Colour contrast for designers, the Australian guide

The 4.5:1 and 3:1 contrast ratios explained, how to measure them on real screens, and how to keep brand identity intact while passing AA.

Colour contrast ratio illustration.

Colour contrast is the most-failed WCAG criterion across audits we run, and it is also the most fixable. Most failures are decisions made in a Figma file at the start of a brand refresh, then propagated unchanged through the build. This guide covers what the ratios actually mean, how to measure them, and how to keep a brand identity intact while passing AA.

The two ratios you need to know

WCAG 1.4.3 Contrast (Minimum) at AA requires:

  • 4.5 to 1 for normal-size text (under 18 point regular, or under 14 point bold).
  • 3 to 1 for large text (18 point regular and above, or 14 point bold and above) and for non-text user-interface components such as buttons, form borders, focus indicators and icons that convey meaning.

WCAG 1.4.6 Contrast (Enhanced) at AAA raises these to 7:1 and 4.5:1 respectively. Most public services target AA; sites for audiences with high low-vision rates (aged-care, disability advocacy) often target AAA.

What contrast ratio actually measures

The ratio is calculated from the relative luminance of two colours, where luminance is a weighted sum of the gamma-corrected red, green and blue channels. Pure black on pure white scores 21:1. Identical colours score 1:1. The ratio is symmetric: light text on dark background and dark text on light background give the same number.

Measuring contrast on real screens

The Figma plugin "Stark" or "A11y Color Contrast" gives you ratios inside design files. The Chrome DevTools Colour Picker shows ratios live on a deployed site. Mac built-in Digital Color Meter plus a manual ratio calculator works for video and PDF.

The trap: the value shown in your design tool is calculated from the source colour values, not from what actually renders on screen. On low-end laptops, colour temperature shifts, non-sRGB displays, and OS dark-mode invert filters can shift effective contrast by 10 to 15 percent. Always validate on at least one secondary device.

Keeping brand identity intact at AA

Most "we cannot pass AA without ruining the brand" objections fail under inspection. The real constraints are usually three colours: a brand primary used as a button background, a brand secondary used for muted text, and a brand accent used for icons.

Brand primary as button background

If your brand primary is a mid-tone colour (most are), pair it with white text. Most mid-tone brand colours pass 4.5:1 against white. If your primary is yellow, pale green, light blue or anything with high luminance, pair it with dark text instead.

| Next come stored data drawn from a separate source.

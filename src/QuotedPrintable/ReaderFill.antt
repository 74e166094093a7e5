-- ===== src/QuotedPrintable/ReaderFill.antt =====
-- quotedprintable/reader.go: the round of `Read` that takes a new line.
use mime.Base.{
  ℕ, suc, ◌+◌, ◌-◌, ◌*◌, ◌<◌, ◌≤◌, List, [], ◌∷◌, reverse, Bool, true, false, Option, none, some,
  leb, if◌then◌else◌, take, drop, length, ◌≡◌, ap, sym, ◌∙◌, inl, inr, arith, Bool-cases,
  Option-cases, length-drop, length-append, length-reverse, take-append-drop, leb→le,
}
use mime.Base.Bytes.{Bytes, has_suffix, index_byte}
use mime.Multipart.Bufio.{
  ReadError, eof, buffer_full, failed, BufReader, buffer_size, end_error, upto, read_slice,
}
use mime.QuotedPrintable.Reader.{
  QpError, bytes_after_equals, read_error, add_unrecover, Reader, fn, get_err, first_or, cook,
  with_line, take_line, fill, trim_left, trim_right, returns, goes_on,
}
use mime.QuotedPrintable.ReaderWork.{IsValid, Works, add-pending, length-take, pending, work}

length-trim_left : (s : Bytes) → length (trim_left s) ≤ length s
unfolding trim_left
length-trim_left [] = omega arith
length-trim_left (b ∷ s) = ground (arith, length-trim_left s)

length-trim_right : (s : Bytes) → length (trim_right s) ≤ length s
unfolding trim_right
length-trim_right s =
    omega (
      arith,
      length-reverse (trim_left (reverse s)),
      length-trim_left (reverse s),
      length-reverse s,
    )

if-length :
    (n : ℕ) (b : Bool) (x y : Bytes × Option Bytes)
    → length x.0 ≤ n
    → length y.0 ≤ n
    → length (if b then x else y).0 ≤ n
if-length n true x y h k = h
if-length n false x y h k = k

line_end_short : (b : Bool) → length {A = ℕ} (if b then (b'\r' ∷ b'\n' ∷ []) else (b'\n' ∷ [])) ≤ 2
line_end_short true = omega arith
line_end_short false = omega arith

length-cook : (s : Bytes) → length (cook s).0 ≤ length s + 2
unfolding cook
length-cook s =
    let n = length s + 2 in
    let line = trim_right s in
    if-length n (has_suffix line (b'=' ∷ [])) _ _
      (omega (arith, length-take (length line - 1) line, length-trim_right s))
      (if-length n (has_suffix s (b'\n' ∷ [])) _ _
        (omega (
          arith,
          length-append line
              (if has_suffix s (b'\r' ∷ b'\n' ∷ []) then (b'\r' ∷ b'\n' ∷ []) else (b'\n' ∷ [])),
          line_end_short (has_suffix s (b'\r' ∷ b'\n' ∷ [])),
          length-trim_right s,
        ))
        (omega (arith, length-trim_right s)))

-- What `ReadSlice` gives: bytes in front of what is left, some of them unless an error of the source
-- comes.
Slice : BufReader → Bytes × Option ReadError × BufReader → Type 0
Slice b (line, none, b') = (length line + length b'.rest ≡ length b.rest) × (1 ≤ length line)
Slice b (line, some buffer_full, b') =
    (length line + length b'.rest ≡ length b.rest) × (1 ≤ length line)
Slice b (line, some eof, b') = length line + length b'.rest ≡ length b.rest
Slice b (line, some (failed e), b') = length line + length b'.rest ≡ length b.rest

take-and-drop : (n : ℕ) (s : Bytes) → length (take n s) + length (drop n s) ≡ length s
take-and-drop n s =
    sym (length-append (take n s) (drop n s)) ∙ ap (λ t. length t) (take-append-drop n s)

no_line : (i : ℕ) (s : Bytes) → index_byte (take buffer_size s) b'\n' ≡ some i → 0 < length s
unfolding index_byte
no_line i [] e = cc
no_line i (c ∷ s) e = omega arith

taken : (n : ℕ) (s : Bytes) → 0 < length s → 1 ≤ length (take (suc n) s)
taken n [] h = absurd (omega arith)
taken n (b ∷ s) h = omega arith

at_end :
    (b : BufReader) (fail : Option ℕ)
    → length (take (length b.rest) b.rest) + length (drop (length b.rest) b.rest) ≡ length b.rest
    → Slice b (upto (length b.rest) (some (end_error fail)) b)
unfolding Slice
at_end b none h = h
at_end b (some e) h = h

read_slice-Slice : (b : BufReader) → Slice b (read_slice b)
unfolding read_slice Slice
read_slice-Slice b = elim (Option-cases (index_byte (take buffer_size b.rest) b'\n')) [
  | inl e ↦ elim (Bool-cases (leb buffer_size (length b.rest))) [
    | inl h ↦
        rw (e, read_slice, h)
          (
            take-and-drop 4096 b.rest,
            taken 4095 b.rest (omega (arith, leb→le buffer_size (length b.rest) h)),
          )
    | inr h ↦ rw (e, read_slice, h) (at_end b b.fail (take-and-drop (length b.rest) b.rest))
  ]
  | inr (i, e) ↦
      rw (e, read_slice) (take-and-drop (suc i) b.rest, taken i b.rest (no_line i b.rest e))
]

with_line-Works :
    (m : ℕ) (c : Bytes × Option Bytes) (e : Option ReadError) (br : BufReader) (r : Reader)
    → IsValid r
    → 7 * length br.rest + 2 * length c.0 + pending (add_unrecover e r.gerr).err
      < 7 * length r.br.rest + 2 * length r.line + pending r.gerr.err
    → Works m (work r) (some (goes_on (with_line c e br r)))
unfolding Works
with_line-Works m (line, none) e br r v h =
    (record { array = v.array; held_back = v.held_back }, omega (arith, h))
with_line-Works m (line, some after) e br r v h = (
  record { array = v.array; held_back = v.held_back },
  omega (arith, h, add-pending (bytes_after_equals after) (add_unrecover e r.gerr)),
)

take_line-Works :
    (m : ℕ) (x : Bytes × Option ReadError × BufReader) (r : Reader)
    → IsValid r
    → r.line ≡ []
    → r.gerr.err ≡ none
    → Slice r.br x
    → Works m (work r) (some (goes_on (take_line x r)))
unfolding take_line Slice Works
take_line-Works m (line, none, br) r v z e (h, l) =
    unfold add_unrecover in
    with_line-Works m (cook line) none br r v (omega (arith, h, l, length-cook line))
take_line-Works m (line, some buffer_full, br) r v z e (h, l) = (
  record { array = v.array; held_back = v.held_back },
  omega (arith, h, l, add-pending (read_error buffer_full) r.gerr),
)
take_line-Works m (line, some eof, br) r v z e h =
    unfold add_unrecover in
    with_line-Works m (cook line) (some eof) br r v
      (omega (arith, h, length-cook line, ap pending e))
take_line-Works m (line, some (failed x), br) r v z e h =
    unfold add_unrecover in
    with_line-Works m (cook line) (some (failed x)) br r v
      (omega (arith, h, length-cook line, ap pending e))

none_given :
    (strict : Bool) (errs : List QpError) (e : Option QpError)
    → (if strict then first_or errs e else e) ≡ none
    → e ≡ none
none_given true [] e h = h
none_given true (x ∷ errs) e h = cc
none_given false errs e h = h

-- With no error to return, the source has given none.
fn-none : (r : Reader) → fn r ≡ none → r.gerr.err ≡ none
unfolding fn get_err
fn-none r h = none_given r.strict r.gerr.errs r.gerr.err h

returned :
    (m : ℕ) (r : Reader) (x : QpError)
    → IsValid r
    → Works m (work r) (some (returns (record r { last = drop m r.last }) (take m r.last) x))
unfolding Works
returned m r x v = (
  record { array = v.array; held_back = omega (arith, v.held_back, length-drop m r.last) },
  length-take m r.last,
)

pub fill-Works : (m : ℕ) (r : Reader) → IsValid r → r.line ≡ [] → Works m (work r) (some (fill m r))
unfolding fill
fill-Works m r v z = elim (Option-cases (fn r)) [
  | inl e ↦
      rw (fill, e) (take_line-Works m (read_slice r.br) r v z (fn-none r e) (read_slice-Slice r.br))
  | inr (x, e) ↦ rw (fill, e) (returned m r x v)
]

Brand secondary as muted body text

This is where most sites fail. A "muted grey" set at #999999 on white gives 2.85:1, which fails. Adjust to #767676 for 4.54:1 or #6e6e6e for 5:1. The visual difference at body-text size is barely perceptible; the contrast difference is large.

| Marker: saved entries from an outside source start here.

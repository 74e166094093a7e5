-- ===== src/QuotedPrintable/ReaderHeld.antt =====
-- quotedprintable/reader.go: the rounds of `Read` where bytes are on the line or held back.
use mime.Base.{
  ℕ, suc, ◌+◌, ◌-◌, ◌*◌, ◌<◌, ◌≤◌, List, [], ◌∷◌, Bool, true, false, ◌||◌, Option, none, some, ltb,
  ◌==◌, if◌then◌else◌, take, drop, length, ◌≡◌, refl, ap, sym, ◌∙◌, inl, inr, arith, Bool-cases,
  length-drop, ltb-false→le, le→ltb, ltb→lt, ==_iff,
}
use mime.Base.Bytes.{Bytes, has_prefix}
use mime.Base.Result.{Result, ok, err}
use mime.Multipart.Bufio.{}
use mime.QuotedPrintable.Reader.{
  QpError, RErr, Reader, Round, add, read_hex_byte, store_all, is_cut, hold, escape, literal, plain,
  completed, complete, max_qp_buf, soft_break, held, unescaped_byte, returns, gives, goes_on,
}
use mime.QuotedPrintable.ReaderWork.{
  IsValid, Works, add-pending, cut_short, length-take, pending, store_all-StoredAll, work,
}

hold-Works :
    (n k : ℕ) (r : Reader) (s : Bytes) (i : ℕ)
    → IsValid r
    → length r.line ≡ suc k
    → i + length s ≤ 4
    → n ≤ 3
    → n < suc k * 2 + length r.last
    → (m : ℕ) → Works m (work r) (hold n r (store_all s i r.prev))
unfolding Works
hold-Works n k r s i v e h l w m =
    let q = store_all-StoredAll s i r.prev (omega (arith, v.array)) in
    rw q.stores (
      record { array = q.keeps ∙ v.array; held_back = omega (arith, length-take n q.after) },
      omega (arith, length-take n q.after),
    )

-- A byte of the line at least is used.
used :
    (r : Reader) (s : Bytes) (q : RErr)
    → IsValid r
    → length s < length r.line
    → pending q.err ≡ pending r.gerr.err
    → IsValid (record r { line = s; gerr = q }) × (work (record r { line = s; gerr = q }) < work r)
used r s q v l e = (record { array = v.array; held_back = v.held_back }, omega (arith, e, l))

if-Works :
    (m w : ℕ) (b : Bool) (x y : Round)
    → Works m w (some x)
    → Works m w (some y)
    → Works m w (some (if b then x else y))
if-Works m w true x y h k = h
if-Works m w false x y h k = k

literal-Works :
    (m b : ℕ) (s : Bytes) (r : Reader)
    → IsValid r
    → length r.line ≡ suc (length s)
    → Works m (work r) (some (literal b s r))
unfolding Works
literal-Works m b s r v e =
    let same = used r s r.gerr v (omega (arith, e)) refl in
    if-Works m (work r) (b == b'\t' || b == b'\r' || b == b'\n') (gives (record r { line = s }) b) _
      same
      (if-Works m (work r) (ltb b b' ' || ltb b'~' b)
        (gives (record r { line = s; gerr = add (unescaped_byte b) r.gerr }) b)
        (gives (record r { line = s }) b)
        (used r s (add (unescaped_byte b) r.gerr) v (omega (arith, e))
          (add-pending (unescaped_byte b) r.gerr))
        same)

escape-Works :
    (m : ℕ) (s : Bytes) (r : Reader) (x : Result QpError ℕ)
    → read_hex_byte s ≡ x
    → IsValid r
    → length r.line ≡ suc (length s)
    → Works m (work r) (escape s x r)
unfolding Works
escape-Works m s r (ok b) f v e =
    used r (drop 2 s) r.gerr v (omega (arith, e, length-drop 2 s)) refl
escape-Works m s r (err x) f v e = elim (Bool-cases (is_cut x r.rerr)) [
  | inl h ↦ rw h (
      hold-Works (suc (length s)) (length s) r (b'=' ∷ s) 0 v e
        (omega (arith, cut_short s x r.rerr f h)) (omega (arith, cut_short s x r.rerr f h))
        (omega arith) m)
  | inr h ↦ rw h (used r s (add x r.gerr) v (omega (arith, e)) (add-pending x r.gerr))
]

pub plain-Works :
    (m : ℕ) (s : Bytes) (r : Reader)
    → IsValid r
    → r.line ≡ s
    → 0 < length s
    → Works m (work r) (plain s r)
unfolding plain
plain-Works m [] r v e h = absurd (omega arith)
plain-Works m (b ∷ s) r v e h = elim (Bool-cases (b == b'=')) [
  | inl c ↦ rw (c, plain) (escape-Works m s r (read_hex_byte s) refl v (ap (λ t. length t) e))
  | inr c ↦ rw (c, plain) (literal-Works m b s r v (ap (λ t. length t) e))
]

rest_held : (k : ℕ) (prev : List ℕ) → length (drop (suc k) (take max_qp_buf prev)) ≤ 2
rest_held k prev =
    omega (arith, length-drop (suc k) (take max_qp_buf prev), length-take max_qp_buf prev)

completed-Works :
    (m : ℕ) (prev : List ℕ) (s : Bytes) (x : Result QpError ℕ) (r : Reader)
    → length prev ≡ 4
    → 2 * length s + 3 ≤ 2 * length r.line + length r.last
    → Works m (work r) (some (completed prev s x r))
unfolding Works
completed-Works m prev s (ok b) r e l = (
  record { array = e; held_back = omega (arith, rest_held 2 prev) },
  omega (arith, l, rest_held 2 prev),
)
completed-Works m prev s (err x) r e l = (
  record { array = e; held_back = omega (arith, rest_held 0 prev) },
  omega (arith, l, rest_held 0 prev, add-pending x r.gerr),
)

complete-Works :
    (m n : ℕ) (r : Reader)
    → IsValid r
    → n ≡ length r.last
    → 3 ≤ length r.line + n
    → Works m (work r) (complete n r)
unfolding complete
complete-Works m n r v h l =
    let diff = 3 - n in
    let q =
      store_all-StoredAll (take diff r.line) n r.prev
        (omega (arith, h, v.held_back, v.array, length-take diff r.line)) in
    let room : ltb (length r.line) diff ≡ false = le→ltb (length r.line) diff (omega arith) in
    rw (room, complete, q.stores)
      (completed-Works m q.after (drop diff r.line) (read_hex_byte (drop 1 (take 3 q.after))) r
        (q.keeps ∙ v.array) (omega (arith, h, l, v.held_back, length-drop diff r.line)))

less-Works : (m w w' : ℕ) (o : Option Round) → w ≤ w' → Works m w o → Works m w' o
unfolding Works
less-Works m w w' none h x = x
less-Works m w w' (some (returns r d e)) h x = x
less-Works m w w' (some (gives r b)) h (v, l) = (v, omega arith)
less-Works m w w' (some (goes_on r)) h (v, l) = (v, omega arith)

soft_break-Works :
    (m : ℕ) (s : Bytes) (r : Reader)
    → IsValid r
    → length s < length r.line
    → Works m (work r) (soft_break s r)
unfolding Works
soft_break-Works m [] r v l =
    (record { array = v.array; held_back = omega arith }, omega (arith, l))
soft_break-Works m (b ∷ s) r v l =
    let r' = record r { line = b ∷ s; last = [] } in
    less-Works m (work r') (work r) (plain (b ∷ s) r') (omega (arith, l)) (
      plain-Works m (b ∷ s) r' (record { array = v.array; held_back = omega arith }) refl
        (omega arith))

pub either-Works :
    (m w : ℕ) (b : Bool) (x y : Option Round)
    → (b ≡ true → Works m w x)
    → (b ≡ false → Works m w y)
    → Works m w (if b then x else y)
either-Works m w true x y h k = h refl
either-Works m w false x y h k = k refl

pub not_zero : (n : ℕ) → (n == 0) ≡ false → 1 ≤ n
not_zero n h = ground arith

-- The line is not empty where bytes are held back and given.
pub held-Works :
    (m b : ℕ) (s : Bytes) (r : Reader)
    → IsValid r
    → r.last ≡ b ∷ s
    → 0 < length r.line
    → Works m (work r) (held b s r)
unfolding held
held-Works m b s r v e l =
    let held_length : length r.last ≡ suc (length s) = ap (λ t. length t) e in
    either-Works m (work r) (b == b'=') _ _
      (λ q.
        either-Works m (work r) (length s == 0) _ _
          (λ z.
            let alone : length s ≡ 0 = (==_iff (length s) 0).0 z in
            either-Works m (work r) (has_prefix r.line (b'\n' ∷ [])) _ _
              (λ p. soft_break-Works m (drop 1 r.line) r v (omega (arith, l, length-drop 1 r.line)))
              (λ p.
                either-Works m (work r) (has_prefix r.line (b'\r' ∷ b'\n' ∷ [])) _ _
                  (λ p.
                    soft_break-Works m (drop 2 r.line) r v (omega (arith, l, length-drop 2 r.line)))
                  (λ p.
                    either-Works m (work r) (ltb (length r.line) 2) _ _
                      (λ t.
                        let one : length r.line ≡ 1 =
                          omega (arith, l, ltb→lt (length r.line) 2 t) in
                        hold-Works 2 0 r r.line 1 v one (omega (arith, one)) (omega arith)
                          (omega (arith, held_length)) m)
                      (λ t.
                        let two = ltb-false→le (length r.line) 2 t in
                        complete-Works m 1 r v (omega (arith, held_length, alone))
                          (omega (arith, two))))))
          (λ z.
            complete-Works m (suc (length s)) r v (sym held_length)
              (omega (arith, l, not_zero (length s) z))))
      (λ q.
        unfold Works in
        (
          record { array = v.array; held_back = omega (arith, v.held_back, held_length) },
          omega (arith, held_length),
        ))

Brand accent on coloured backgrounds

Icons that convey meaning (success ticks, warning triangles, error crosses) need 3:1 against their background. A pale-pink error on white scores under 3:1; a deep-red error scores well above. Deeper accent colours generally pass without redesign work.

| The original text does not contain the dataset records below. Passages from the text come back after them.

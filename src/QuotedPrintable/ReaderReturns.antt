-- ===== src/QuotedPrintable/ReaderReturns.antt =====
-- quotedprintable/reader.go: `Read` returns, and does not panic.
use mime.Base.{
  ℕ, zero, suc, ◌<◌, ◌≤◌, [], ◌∷◌, true, Option, none, some, ◌==◌, length, ◌≡◌, refl, ap, arith,
}
use mime.Base.Array.{◌>>=◌}
use mime.Base.Bytes.{Bytes}
use mime.Multipart.Bufio.{}
use mime.QuotedPrintable.Reader.{
  QpError, Reader, Round, ReadResult, with_last, round, read, put, returns, gives, goes_on,
}
use mime.QuotedPrintable.ReaderWork.{IsValid, Works, work}
use mime.QuotedPrintable.ReaderHeld.{either-Works, held-Works, not_zero, plain-Works}
use mime.QuotedPrintable.ReaderFill.{fill-Works}

with_last-Works :
    (m : ℕ) (s : Bytes) (r : Reader)
    → IsValid r
    → r.last ≡ s
    → 0 < length r.line
    → Works m (work r) (with_last s r)
with_last-Works m [] r v e h = plain-Works m r.line r v refl h
with_last-Works m (b ∷ s) r v e h = held-Works m b s r v e h

round-Works : (m : ℕ) (r : Reader) → IsValid r → Works m (work r) (round m r)
unfolding round
round-Works m r v =
    either-Works m (work r) (length r.line == 0) _ _ (λ z. fill-Works m r v (empty r.line z))
      (λ z. with_last-Works m r.last r v refl (omega (arith, not_zero (length r.line) z)))
  where
    empty : (s : Bytes) → (length s == 0) ≡ true → s ≡ []
    empty [] h = refl
    empty (b ∷ s) h = ground arith

-- What a call of `Read` gives: no more bytes than there is room for, and a reader that can be called
-- again.
pub record Gives (n : ℕ) (o : Option ReadResult) : Type 0 where
  pub reader : Reader
  pub bytes : Bytes
  pub error : Option QpError
  pub result : o ≡ some (reader, bytes, error)
  pub fits : length bytes ≤ n
  pub valid : IsValid reader

-- what `Read` makes of a round
abbrev after_round : ℕ → ℕ → Option Round → Option ReadResult
after_round fuel n o = elim o [
  | none ↦ none
  | some (returns r' d e) ↦ some (r', d, some e)
  | some (goes_on r') ↦ read fuel (suc n) r'
  | some (gives r' b) ↦ read fuel n r' >>= λ q. some (put b q)
]

after_round-Gives :
    (fuel n w : ℕ) (o : Option Round)
    → Works (suc n) w o
    → w ≤ fuel
    → ((m : ℕ) (r : Reader) → IsValid r → work r < fuel → Gives m (read fuel m r))
    → Gives (suc n) (after_round fuel n o)
unfolding Works
after_round-Gives fuel n w none x l ih = absurd x
after_round-Gives fuel n w (some (returns r d e)) (v, k) l ih = record {
  reader = r;
  bytes = d;
  error = some e;
  result = refl;
  fits = k;
  valid = v;
}
after_round-Gives fuel n w (some (goes_on r)) (v, k) l ih = ih (suc n) r v (omega arith)
after_round-Gives fuel n w (some (gives r b)) (v, k) l ih =
    let g = ih n r v (omega arith) in
    record {
      reader = g.reader;
      bytes = b ∷ g.bytes;
      error = g.error;
      result = ap (λ (o : Option ReadResult). o >>= λ q. some (put b q)) g.result;
      fits = omega (arith, g.fits);
      valid = g.valid;
    }

-- `Read` returns and does not panic: with more fuel than the bound on the work of the reader, it gives
-- a result with at most as many bytes as there is room for, and keeps the invariant of the reader.
pub read-Gives : (fuel n : ℕ) (r : Reader) → IsValid r → work r < fuel → Gives n (read fuel n r)
unfolding read
read-Gives fuel zero r v h = record {
  reader = r;
  bytes = [];
  error = none;
  result = refl;
  fits = omega arith;
  valid = v;
}
read-Gives zero (suc n) r v h = absurd (omega arith)
read-Gives (suc fuel) (suc n) r v h =
    after_round-Gives fuel n (work r) (round (suc n) r) (round-Works (suc n) r v) (omega arith)
      (λ m r' v' l. read-Gives fuel m r' v' l)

Working pattern, brand-safe

Establish two derived shades for every brand colour: one with at least 4.5:1 against white, one with at least 4.5:1 against your darkest brand background. Use the original brand colour for decorative use only (large illustrations, hero panels, brand marks above 18 point), and use the derived shades anywhere text or interactive components meet that colour.

Three patterns that pass AA without compromise

Inverse text on saturated brand

White text on a saturated brand button works for almost any mid-tone hue. Confirm 4.5:1 with a checker, but most blues, greens, purples and reds pass.

Dark text on tint backgrounds

Use a 5 percent or 10 percent tint of your brand colour as a panel background. With your standard body-text dark grey on top, contrast usually exceeds 7:1 and the brand identity is still present.

Outline rather than fill

Where a brand colour is too light to host text at AA, use it as a 2-pixel border or outline rather than a fill. The control reads as branded; the text inside sits on white at full contrast.

Common failure cases on Australian sites

  • Pale-grey placeholder text in form fields. Default browser placeholders typically render at 1.6:1 to 2:1.
  • Light-grey "ghost" buttons used for secondary actions. Often 2:1 to 2.5:1.
  • Disabled-state buttons using brand colour at 40 percent opacity. Disabled controls are exempt from contrast at WCAG 2.1, but reasonable contrast supports cognitive accessibility for users with limited vision.
  • Footer text in dark grey on charcoal background. Usually fails by 0.3 to 0.5 ratio points; small adjustment fixes it.